[Stored items]
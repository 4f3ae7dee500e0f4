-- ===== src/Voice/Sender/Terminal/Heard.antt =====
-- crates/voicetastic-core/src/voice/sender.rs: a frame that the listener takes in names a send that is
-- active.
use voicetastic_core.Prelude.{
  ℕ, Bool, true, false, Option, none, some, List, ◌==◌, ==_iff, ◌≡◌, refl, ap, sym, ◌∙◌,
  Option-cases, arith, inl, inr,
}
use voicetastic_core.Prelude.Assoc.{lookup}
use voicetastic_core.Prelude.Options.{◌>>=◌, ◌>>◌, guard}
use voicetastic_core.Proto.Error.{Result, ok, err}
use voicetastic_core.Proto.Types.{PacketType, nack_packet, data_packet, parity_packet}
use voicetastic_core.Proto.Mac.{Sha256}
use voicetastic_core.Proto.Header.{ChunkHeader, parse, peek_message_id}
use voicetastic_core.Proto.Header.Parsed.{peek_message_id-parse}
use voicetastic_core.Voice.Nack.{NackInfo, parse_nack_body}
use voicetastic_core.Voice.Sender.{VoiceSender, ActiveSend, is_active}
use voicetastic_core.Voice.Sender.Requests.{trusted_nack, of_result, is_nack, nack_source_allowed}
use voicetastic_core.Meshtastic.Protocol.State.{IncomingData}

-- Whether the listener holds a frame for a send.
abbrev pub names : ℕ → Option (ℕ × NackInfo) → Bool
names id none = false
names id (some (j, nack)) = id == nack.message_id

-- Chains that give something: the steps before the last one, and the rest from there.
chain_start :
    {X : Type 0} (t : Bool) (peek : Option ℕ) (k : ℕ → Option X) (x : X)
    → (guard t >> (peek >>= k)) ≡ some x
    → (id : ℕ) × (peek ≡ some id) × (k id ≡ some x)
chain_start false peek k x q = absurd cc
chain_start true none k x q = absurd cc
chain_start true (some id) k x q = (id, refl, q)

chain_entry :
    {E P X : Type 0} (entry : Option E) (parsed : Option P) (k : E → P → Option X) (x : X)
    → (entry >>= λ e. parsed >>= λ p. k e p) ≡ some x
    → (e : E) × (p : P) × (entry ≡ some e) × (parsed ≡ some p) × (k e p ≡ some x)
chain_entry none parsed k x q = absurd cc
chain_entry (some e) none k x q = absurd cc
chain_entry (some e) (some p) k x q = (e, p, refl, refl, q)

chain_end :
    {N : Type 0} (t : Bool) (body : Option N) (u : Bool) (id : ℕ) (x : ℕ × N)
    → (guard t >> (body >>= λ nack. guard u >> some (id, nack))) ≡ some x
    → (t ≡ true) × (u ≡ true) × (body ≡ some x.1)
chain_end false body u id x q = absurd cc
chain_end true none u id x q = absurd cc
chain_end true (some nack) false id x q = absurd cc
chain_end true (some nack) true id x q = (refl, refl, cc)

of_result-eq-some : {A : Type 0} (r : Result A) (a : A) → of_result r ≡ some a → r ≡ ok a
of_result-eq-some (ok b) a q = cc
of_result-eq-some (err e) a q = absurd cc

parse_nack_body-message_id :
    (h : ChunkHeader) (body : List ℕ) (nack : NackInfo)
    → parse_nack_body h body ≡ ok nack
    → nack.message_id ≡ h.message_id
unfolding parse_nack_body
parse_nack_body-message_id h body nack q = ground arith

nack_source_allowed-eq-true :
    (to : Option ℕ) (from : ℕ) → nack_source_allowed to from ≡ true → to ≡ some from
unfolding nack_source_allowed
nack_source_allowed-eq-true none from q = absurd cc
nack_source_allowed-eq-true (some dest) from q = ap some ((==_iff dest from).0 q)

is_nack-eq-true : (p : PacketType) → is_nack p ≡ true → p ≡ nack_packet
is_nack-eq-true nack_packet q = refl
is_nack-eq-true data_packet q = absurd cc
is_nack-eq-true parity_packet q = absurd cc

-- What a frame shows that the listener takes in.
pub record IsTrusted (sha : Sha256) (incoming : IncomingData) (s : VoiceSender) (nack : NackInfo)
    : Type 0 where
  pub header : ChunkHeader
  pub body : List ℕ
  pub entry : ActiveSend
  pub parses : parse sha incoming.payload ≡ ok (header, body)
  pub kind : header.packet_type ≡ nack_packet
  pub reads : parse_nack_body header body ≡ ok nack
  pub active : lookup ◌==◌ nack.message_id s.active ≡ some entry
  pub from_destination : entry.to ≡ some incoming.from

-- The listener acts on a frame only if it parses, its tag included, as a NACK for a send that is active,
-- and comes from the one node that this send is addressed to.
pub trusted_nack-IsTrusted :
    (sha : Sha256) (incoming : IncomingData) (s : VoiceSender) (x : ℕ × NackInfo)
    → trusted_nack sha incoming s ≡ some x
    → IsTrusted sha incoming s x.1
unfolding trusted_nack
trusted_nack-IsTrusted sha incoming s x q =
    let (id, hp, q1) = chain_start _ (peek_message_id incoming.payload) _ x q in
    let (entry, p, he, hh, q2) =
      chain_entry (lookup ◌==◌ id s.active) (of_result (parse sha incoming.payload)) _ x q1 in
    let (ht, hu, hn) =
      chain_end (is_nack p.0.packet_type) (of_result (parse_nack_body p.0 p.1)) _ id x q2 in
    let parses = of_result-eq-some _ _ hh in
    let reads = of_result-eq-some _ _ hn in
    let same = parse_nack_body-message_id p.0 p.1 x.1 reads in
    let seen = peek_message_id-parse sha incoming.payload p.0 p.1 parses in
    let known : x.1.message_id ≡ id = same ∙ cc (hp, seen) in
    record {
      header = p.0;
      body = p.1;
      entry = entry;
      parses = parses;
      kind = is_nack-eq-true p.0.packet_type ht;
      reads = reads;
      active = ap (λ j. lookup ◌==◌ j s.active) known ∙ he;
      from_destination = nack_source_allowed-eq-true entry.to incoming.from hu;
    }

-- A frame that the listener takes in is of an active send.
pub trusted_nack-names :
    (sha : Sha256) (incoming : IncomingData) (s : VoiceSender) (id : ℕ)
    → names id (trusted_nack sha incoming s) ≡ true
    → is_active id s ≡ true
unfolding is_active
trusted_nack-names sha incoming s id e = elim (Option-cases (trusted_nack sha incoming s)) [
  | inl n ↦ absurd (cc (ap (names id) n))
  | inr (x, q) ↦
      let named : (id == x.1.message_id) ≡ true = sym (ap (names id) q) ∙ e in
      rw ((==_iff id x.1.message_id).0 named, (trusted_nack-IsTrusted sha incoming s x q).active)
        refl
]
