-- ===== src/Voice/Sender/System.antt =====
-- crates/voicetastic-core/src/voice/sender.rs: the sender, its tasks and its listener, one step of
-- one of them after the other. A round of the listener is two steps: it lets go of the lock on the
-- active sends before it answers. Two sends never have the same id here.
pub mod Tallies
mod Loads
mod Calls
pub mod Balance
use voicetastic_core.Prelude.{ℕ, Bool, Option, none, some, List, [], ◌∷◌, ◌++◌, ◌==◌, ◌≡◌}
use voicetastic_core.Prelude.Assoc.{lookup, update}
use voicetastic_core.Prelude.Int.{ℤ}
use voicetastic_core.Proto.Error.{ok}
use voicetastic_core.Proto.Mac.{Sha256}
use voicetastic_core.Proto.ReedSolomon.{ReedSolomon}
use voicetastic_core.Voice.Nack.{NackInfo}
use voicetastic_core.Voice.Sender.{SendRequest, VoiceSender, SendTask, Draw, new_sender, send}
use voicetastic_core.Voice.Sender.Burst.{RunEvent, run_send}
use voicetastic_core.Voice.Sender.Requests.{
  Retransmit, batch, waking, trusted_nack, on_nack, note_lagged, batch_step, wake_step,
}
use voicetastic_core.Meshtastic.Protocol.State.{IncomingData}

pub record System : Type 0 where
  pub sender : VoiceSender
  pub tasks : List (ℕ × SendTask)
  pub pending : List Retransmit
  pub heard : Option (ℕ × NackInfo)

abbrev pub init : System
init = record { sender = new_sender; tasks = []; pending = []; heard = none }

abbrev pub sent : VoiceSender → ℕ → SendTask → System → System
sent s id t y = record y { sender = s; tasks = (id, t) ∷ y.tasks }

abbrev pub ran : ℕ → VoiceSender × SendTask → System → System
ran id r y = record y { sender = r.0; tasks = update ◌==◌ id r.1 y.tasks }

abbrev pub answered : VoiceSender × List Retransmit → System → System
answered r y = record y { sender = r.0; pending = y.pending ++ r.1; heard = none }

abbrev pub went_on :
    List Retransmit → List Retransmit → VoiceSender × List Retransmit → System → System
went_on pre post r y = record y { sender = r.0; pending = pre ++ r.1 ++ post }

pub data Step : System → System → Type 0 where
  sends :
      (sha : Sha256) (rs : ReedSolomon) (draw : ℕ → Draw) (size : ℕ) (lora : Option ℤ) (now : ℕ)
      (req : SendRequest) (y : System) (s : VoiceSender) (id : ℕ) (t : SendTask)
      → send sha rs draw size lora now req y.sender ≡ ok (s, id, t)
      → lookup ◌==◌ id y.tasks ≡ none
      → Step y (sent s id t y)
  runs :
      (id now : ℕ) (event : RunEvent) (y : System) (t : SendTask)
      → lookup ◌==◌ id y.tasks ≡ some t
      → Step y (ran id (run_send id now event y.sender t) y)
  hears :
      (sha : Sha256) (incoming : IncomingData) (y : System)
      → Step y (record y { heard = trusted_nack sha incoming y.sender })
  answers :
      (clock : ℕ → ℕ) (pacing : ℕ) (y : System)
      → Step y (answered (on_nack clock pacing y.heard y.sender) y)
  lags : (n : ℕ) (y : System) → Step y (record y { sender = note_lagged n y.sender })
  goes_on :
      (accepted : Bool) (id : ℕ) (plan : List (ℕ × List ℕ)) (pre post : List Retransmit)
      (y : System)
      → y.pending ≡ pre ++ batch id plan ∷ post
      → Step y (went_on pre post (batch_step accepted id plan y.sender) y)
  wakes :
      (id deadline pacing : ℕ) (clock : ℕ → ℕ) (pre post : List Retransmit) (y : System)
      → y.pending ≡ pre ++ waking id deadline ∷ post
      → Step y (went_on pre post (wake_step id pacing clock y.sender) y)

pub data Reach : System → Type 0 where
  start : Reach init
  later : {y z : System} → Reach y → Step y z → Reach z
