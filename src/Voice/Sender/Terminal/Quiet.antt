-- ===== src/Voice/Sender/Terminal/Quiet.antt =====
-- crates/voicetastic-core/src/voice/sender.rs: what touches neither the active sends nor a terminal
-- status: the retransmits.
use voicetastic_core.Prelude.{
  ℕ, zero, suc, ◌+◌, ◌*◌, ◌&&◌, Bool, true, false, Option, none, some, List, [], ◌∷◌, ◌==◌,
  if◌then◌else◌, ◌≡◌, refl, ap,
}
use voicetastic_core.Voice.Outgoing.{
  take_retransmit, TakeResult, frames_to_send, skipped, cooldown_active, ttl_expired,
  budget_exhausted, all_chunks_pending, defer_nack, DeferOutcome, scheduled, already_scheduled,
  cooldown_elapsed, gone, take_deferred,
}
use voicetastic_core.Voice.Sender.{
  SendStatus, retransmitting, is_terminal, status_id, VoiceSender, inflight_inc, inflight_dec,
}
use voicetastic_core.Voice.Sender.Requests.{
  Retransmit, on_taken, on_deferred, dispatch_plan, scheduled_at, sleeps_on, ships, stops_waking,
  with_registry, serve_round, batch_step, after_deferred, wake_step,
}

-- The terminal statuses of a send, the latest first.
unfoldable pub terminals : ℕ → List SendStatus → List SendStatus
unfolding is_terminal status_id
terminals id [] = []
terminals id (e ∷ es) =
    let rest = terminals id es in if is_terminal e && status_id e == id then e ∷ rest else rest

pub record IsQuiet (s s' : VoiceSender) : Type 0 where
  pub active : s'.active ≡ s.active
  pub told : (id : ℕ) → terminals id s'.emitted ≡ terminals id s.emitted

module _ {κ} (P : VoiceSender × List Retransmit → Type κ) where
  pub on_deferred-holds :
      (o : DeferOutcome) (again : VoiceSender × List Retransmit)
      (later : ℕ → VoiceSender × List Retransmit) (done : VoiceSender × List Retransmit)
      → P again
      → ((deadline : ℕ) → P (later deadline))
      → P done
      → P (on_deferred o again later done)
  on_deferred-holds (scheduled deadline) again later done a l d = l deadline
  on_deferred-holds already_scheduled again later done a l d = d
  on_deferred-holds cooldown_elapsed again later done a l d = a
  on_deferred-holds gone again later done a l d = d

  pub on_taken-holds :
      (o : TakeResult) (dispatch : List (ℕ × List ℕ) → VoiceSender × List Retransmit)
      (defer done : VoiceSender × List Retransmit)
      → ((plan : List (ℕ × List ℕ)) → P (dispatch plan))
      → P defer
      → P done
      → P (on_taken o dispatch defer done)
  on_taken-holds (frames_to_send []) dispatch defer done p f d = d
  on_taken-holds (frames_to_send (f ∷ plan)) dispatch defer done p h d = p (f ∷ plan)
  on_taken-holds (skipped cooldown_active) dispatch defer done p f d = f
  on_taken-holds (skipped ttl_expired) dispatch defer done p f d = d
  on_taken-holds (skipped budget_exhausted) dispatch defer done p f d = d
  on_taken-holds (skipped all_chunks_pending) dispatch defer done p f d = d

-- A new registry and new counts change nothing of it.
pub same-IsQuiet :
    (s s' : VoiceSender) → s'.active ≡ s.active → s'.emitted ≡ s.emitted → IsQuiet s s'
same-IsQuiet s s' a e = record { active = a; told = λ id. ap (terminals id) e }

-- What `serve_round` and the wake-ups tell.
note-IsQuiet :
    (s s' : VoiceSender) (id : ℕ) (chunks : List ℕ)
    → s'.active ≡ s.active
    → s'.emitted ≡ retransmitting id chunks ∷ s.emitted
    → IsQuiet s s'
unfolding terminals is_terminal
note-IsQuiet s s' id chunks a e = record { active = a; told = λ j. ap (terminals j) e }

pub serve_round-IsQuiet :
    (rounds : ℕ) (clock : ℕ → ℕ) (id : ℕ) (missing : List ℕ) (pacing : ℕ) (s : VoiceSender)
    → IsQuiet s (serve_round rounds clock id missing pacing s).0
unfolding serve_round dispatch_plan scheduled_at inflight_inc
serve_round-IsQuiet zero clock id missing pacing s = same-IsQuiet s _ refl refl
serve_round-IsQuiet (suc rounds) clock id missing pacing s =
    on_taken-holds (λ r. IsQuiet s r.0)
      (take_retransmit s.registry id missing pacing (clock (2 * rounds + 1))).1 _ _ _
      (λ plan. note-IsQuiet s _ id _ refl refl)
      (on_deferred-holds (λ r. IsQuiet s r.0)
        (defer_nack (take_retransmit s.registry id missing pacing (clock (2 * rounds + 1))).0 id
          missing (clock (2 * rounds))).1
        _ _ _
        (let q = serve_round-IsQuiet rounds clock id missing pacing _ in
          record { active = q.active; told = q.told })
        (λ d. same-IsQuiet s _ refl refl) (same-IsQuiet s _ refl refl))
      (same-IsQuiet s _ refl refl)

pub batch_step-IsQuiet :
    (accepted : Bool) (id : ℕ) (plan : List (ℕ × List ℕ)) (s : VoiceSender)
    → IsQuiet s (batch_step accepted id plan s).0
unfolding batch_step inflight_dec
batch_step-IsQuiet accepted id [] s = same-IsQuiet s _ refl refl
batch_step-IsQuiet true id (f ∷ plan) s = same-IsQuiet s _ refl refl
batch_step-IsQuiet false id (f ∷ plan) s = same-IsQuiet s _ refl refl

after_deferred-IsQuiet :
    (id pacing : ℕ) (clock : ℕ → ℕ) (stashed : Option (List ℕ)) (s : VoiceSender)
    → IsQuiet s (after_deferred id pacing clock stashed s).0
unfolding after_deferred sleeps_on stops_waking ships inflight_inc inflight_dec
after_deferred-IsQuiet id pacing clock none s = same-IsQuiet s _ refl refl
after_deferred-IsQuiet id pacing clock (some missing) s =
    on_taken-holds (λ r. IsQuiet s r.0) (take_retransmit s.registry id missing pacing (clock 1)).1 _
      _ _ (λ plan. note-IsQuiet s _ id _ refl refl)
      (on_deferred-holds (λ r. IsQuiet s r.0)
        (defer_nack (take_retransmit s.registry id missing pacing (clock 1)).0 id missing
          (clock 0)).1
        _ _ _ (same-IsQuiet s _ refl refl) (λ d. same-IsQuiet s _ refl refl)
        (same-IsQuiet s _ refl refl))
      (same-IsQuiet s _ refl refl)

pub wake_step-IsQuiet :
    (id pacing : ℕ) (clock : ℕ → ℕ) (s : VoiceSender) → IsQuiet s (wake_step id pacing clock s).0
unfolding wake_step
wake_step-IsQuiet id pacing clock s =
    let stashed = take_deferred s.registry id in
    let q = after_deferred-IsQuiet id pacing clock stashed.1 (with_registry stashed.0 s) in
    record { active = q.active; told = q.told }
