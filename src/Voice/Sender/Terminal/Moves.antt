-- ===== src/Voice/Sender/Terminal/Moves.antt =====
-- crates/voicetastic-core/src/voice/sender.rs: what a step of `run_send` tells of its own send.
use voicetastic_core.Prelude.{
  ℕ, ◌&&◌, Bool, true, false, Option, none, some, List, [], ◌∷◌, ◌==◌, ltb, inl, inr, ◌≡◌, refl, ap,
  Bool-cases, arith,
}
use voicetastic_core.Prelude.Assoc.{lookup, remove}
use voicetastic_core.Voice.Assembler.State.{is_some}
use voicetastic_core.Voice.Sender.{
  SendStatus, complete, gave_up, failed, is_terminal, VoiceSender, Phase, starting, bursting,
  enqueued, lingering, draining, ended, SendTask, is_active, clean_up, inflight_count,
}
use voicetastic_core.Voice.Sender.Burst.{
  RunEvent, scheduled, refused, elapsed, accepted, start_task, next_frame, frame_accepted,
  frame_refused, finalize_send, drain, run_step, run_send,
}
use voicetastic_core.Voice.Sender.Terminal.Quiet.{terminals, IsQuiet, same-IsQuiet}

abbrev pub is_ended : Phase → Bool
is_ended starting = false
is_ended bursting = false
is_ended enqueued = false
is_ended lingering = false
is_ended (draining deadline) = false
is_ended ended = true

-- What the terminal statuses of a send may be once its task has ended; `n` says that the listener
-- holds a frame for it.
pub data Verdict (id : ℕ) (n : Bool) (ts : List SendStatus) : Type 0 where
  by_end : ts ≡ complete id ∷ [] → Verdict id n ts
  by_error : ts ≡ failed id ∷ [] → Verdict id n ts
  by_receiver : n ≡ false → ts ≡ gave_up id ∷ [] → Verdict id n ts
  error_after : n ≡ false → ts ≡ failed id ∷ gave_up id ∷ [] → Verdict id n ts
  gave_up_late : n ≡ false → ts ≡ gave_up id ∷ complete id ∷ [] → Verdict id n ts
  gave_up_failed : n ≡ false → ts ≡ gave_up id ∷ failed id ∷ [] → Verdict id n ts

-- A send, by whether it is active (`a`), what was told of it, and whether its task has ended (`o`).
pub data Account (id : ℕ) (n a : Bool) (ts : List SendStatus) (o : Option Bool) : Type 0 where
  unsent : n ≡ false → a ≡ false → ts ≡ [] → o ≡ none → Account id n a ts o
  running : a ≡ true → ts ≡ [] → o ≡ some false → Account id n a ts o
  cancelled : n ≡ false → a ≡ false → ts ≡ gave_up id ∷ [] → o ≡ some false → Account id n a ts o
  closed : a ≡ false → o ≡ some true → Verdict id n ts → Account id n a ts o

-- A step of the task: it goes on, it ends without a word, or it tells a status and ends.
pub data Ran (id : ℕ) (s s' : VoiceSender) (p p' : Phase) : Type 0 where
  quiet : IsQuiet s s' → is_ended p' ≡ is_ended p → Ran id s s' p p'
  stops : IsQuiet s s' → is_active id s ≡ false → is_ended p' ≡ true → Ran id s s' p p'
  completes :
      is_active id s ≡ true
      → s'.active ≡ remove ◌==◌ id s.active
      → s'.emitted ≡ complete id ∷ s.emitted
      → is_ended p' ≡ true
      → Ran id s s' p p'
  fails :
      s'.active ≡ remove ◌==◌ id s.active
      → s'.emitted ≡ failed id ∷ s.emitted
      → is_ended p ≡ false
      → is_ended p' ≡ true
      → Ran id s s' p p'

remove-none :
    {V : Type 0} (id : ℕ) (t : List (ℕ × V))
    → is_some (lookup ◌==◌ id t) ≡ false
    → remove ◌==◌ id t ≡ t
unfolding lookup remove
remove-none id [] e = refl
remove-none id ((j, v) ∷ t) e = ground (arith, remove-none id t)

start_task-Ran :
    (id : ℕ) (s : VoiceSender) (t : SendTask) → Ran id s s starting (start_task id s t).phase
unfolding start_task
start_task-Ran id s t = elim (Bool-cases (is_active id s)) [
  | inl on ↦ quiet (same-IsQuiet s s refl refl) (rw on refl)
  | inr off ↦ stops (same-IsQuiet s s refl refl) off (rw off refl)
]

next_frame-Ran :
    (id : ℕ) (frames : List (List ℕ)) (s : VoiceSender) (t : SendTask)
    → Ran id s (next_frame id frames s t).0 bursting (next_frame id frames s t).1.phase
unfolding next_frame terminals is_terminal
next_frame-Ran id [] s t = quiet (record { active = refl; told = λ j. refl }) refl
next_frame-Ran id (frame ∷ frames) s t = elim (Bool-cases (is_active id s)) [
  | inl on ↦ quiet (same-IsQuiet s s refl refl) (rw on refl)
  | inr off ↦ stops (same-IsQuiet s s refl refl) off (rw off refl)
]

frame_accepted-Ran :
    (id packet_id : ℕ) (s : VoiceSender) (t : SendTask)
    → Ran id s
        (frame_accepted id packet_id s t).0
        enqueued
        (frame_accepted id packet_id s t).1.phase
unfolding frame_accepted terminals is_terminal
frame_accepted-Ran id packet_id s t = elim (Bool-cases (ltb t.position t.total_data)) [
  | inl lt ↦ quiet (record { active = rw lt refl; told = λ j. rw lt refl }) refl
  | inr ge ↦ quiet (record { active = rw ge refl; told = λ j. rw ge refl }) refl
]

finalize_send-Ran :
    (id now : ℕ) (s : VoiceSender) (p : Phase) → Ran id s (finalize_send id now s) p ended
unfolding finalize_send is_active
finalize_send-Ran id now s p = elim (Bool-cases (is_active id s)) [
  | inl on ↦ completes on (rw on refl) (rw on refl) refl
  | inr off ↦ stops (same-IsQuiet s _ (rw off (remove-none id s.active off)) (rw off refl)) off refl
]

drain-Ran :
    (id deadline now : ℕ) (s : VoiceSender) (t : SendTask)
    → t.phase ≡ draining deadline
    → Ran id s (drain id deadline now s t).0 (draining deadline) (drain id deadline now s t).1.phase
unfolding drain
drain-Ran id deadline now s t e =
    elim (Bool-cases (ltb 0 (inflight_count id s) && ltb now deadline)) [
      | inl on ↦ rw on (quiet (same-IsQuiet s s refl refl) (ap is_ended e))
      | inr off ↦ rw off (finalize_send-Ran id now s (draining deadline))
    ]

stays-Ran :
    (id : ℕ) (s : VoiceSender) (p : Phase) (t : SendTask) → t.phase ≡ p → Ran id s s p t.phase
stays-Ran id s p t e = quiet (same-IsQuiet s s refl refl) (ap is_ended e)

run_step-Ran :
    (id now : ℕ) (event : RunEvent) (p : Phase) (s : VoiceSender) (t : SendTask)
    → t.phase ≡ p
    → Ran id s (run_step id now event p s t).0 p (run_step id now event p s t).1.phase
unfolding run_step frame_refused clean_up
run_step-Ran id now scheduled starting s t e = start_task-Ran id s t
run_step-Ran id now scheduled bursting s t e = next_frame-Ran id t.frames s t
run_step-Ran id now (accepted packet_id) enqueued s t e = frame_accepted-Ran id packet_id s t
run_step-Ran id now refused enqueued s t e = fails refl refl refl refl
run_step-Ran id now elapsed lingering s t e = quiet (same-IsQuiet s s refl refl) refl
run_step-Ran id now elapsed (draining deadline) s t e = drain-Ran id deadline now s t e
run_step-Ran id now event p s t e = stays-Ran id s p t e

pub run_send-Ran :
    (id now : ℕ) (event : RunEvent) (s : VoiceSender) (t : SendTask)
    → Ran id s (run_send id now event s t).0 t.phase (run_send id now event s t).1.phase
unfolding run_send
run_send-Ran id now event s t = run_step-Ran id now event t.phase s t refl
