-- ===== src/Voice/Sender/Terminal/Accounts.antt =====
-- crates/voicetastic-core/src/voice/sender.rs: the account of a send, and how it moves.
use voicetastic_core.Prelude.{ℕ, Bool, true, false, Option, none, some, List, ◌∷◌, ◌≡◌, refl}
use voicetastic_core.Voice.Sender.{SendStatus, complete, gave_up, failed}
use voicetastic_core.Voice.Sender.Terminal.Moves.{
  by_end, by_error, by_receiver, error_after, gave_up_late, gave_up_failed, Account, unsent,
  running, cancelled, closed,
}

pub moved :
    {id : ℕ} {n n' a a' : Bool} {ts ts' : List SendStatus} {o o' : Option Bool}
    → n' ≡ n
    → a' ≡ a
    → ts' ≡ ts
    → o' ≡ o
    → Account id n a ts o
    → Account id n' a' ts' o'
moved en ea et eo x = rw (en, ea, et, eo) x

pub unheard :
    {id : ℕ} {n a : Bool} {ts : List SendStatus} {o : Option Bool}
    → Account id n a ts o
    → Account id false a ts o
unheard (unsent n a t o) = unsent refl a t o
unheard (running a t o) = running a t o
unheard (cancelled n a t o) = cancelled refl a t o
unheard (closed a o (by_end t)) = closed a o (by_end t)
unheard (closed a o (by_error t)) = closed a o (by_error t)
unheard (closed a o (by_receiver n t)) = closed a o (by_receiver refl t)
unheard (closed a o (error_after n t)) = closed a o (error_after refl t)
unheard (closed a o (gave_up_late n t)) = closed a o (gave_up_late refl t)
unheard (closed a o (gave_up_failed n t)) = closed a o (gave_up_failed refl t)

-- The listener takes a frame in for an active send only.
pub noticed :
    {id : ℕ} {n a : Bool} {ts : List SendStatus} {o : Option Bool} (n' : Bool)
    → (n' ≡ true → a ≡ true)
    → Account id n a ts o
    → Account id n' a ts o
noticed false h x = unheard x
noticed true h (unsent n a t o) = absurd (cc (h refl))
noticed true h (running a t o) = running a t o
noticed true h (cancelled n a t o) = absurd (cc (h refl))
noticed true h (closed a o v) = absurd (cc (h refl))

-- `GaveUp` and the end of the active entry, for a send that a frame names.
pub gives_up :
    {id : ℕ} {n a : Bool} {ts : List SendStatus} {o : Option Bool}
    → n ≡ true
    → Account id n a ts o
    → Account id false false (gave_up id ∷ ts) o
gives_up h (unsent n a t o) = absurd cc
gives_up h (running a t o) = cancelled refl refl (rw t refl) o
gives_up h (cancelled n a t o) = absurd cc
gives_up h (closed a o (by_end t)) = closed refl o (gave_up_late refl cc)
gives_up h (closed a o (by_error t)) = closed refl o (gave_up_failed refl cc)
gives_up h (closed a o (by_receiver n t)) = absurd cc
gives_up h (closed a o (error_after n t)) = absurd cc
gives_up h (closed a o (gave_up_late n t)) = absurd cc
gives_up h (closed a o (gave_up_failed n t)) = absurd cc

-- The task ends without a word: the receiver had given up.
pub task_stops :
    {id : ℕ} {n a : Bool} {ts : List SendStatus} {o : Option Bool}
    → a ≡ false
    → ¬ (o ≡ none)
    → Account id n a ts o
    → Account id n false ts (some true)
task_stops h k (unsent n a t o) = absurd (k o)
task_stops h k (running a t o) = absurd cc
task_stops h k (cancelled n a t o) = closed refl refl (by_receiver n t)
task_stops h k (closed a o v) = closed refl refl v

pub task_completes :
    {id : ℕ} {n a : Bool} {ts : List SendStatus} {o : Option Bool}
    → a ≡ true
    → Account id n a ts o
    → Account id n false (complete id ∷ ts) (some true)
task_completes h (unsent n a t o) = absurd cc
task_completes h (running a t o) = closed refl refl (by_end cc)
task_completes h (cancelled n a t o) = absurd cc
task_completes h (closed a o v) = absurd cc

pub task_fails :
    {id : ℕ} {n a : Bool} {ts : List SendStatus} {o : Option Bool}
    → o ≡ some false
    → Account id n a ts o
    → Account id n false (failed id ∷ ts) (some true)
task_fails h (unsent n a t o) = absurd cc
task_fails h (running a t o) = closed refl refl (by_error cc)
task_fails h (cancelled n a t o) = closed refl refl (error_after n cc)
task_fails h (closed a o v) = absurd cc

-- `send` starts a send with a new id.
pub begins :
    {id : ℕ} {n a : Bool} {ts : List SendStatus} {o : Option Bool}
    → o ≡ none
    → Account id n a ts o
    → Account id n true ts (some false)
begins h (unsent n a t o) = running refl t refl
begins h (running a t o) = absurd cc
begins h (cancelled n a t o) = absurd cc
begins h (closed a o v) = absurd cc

Problem: Pull every line containing "Verdict" out of the data above.

Written response:
pub data Verdict (id : ℕ) (n : Bool) (ts : List SendStatus) : Type 0 where
  by_end : ts ≡ complete id ∷ [] → Verdict id n ts
  by_error : ts ≡ failed id ∷ [] → Verdict id n ts
  by_receiver : n ≡ false → ts ≡ gave_up id ∷ [] → Verdict id n ts
  error_after : n ≡ false → ts ≡ failed id ∷ gave_up id ∷ [] → Verdict id n ts
  gave_up_late : n ≡ false → ts ≡ gave_up id ∷ complete id ∷ [] → Verdict id n ts
  gave_up_failed : n ≡ false → ts ≡ gave_up id ∷ failed id ∷ [] → Verdict id n ts
  closed : a ≡ false → o ≡ some true → Verdict id n ts → Account id n a ts o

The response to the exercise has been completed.